• Required action
Scan the entries for lines with the word "arith", then copy those lines.

Data records
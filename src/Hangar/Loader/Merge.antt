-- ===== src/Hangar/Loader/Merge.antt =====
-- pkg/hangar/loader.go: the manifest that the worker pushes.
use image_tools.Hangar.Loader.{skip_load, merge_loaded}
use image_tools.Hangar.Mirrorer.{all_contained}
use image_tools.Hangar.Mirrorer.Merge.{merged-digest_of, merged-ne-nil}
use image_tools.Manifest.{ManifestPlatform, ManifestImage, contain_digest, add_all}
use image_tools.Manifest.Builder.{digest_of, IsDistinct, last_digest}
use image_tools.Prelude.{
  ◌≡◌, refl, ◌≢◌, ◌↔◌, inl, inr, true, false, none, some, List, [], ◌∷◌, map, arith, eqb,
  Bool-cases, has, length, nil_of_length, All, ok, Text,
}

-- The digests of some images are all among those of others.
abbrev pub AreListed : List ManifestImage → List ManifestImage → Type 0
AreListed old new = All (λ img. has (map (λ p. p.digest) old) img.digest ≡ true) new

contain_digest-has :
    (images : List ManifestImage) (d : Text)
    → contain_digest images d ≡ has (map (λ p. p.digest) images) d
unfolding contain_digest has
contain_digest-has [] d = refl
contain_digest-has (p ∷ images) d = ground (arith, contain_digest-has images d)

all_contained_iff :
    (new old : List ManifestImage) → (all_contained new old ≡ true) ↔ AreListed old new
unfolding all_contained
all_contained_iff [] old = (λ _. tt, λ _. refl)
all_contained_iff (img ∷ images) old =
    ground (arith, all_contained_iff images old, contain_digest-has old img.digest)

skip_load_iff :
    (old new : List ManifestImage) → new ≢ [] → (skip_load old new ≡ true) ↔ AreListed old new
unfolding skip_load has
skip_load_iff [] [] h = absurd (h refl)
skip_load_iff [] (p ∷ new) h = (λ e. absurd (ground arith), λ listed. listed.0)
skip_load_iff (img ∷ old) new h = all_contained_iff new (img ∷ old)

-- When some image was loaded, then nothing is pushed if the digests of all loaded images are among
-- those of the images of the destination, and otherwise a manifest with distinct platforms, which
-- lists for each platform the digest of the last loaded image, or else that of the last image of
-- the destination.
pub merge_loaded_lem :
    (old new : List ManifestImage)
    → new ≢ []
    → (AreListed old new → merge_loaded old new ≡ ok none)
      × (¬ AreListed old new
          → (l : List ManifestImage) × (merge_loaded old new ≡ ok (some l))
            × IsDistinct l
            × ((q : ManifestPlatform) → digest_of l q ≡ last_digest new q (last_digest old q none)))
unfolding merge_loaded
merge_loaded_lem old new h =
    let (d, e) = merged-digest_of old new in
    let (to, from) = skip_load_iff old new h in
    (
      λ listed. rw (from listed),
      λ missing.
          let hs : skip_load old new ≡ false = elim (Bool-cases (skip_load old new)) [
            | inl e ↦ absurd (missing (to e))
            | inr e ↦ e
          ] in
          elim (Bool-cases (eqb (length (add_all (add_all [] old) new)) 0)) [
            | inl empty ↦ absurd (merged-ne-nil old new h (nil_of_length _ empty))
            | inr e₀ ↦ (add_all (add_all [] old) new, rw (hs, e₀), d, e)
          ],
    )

• Finished task
  ◌≡◌, refl, ◌≢◌, ◌↔◌, inl, inr, true, false, none, some, List, [], ◌∷◌, map, arith, eqb,
contain_digest-has (p ∷ images) d = ground (arith, contain_digest-has images d)
    ground (arith, all_contained_iff images old, contain_digest-has old img.digest)
skip_load_iff [] (p ∷ new) h = (λ e. absurd (ground arith), λ listed. listed.0)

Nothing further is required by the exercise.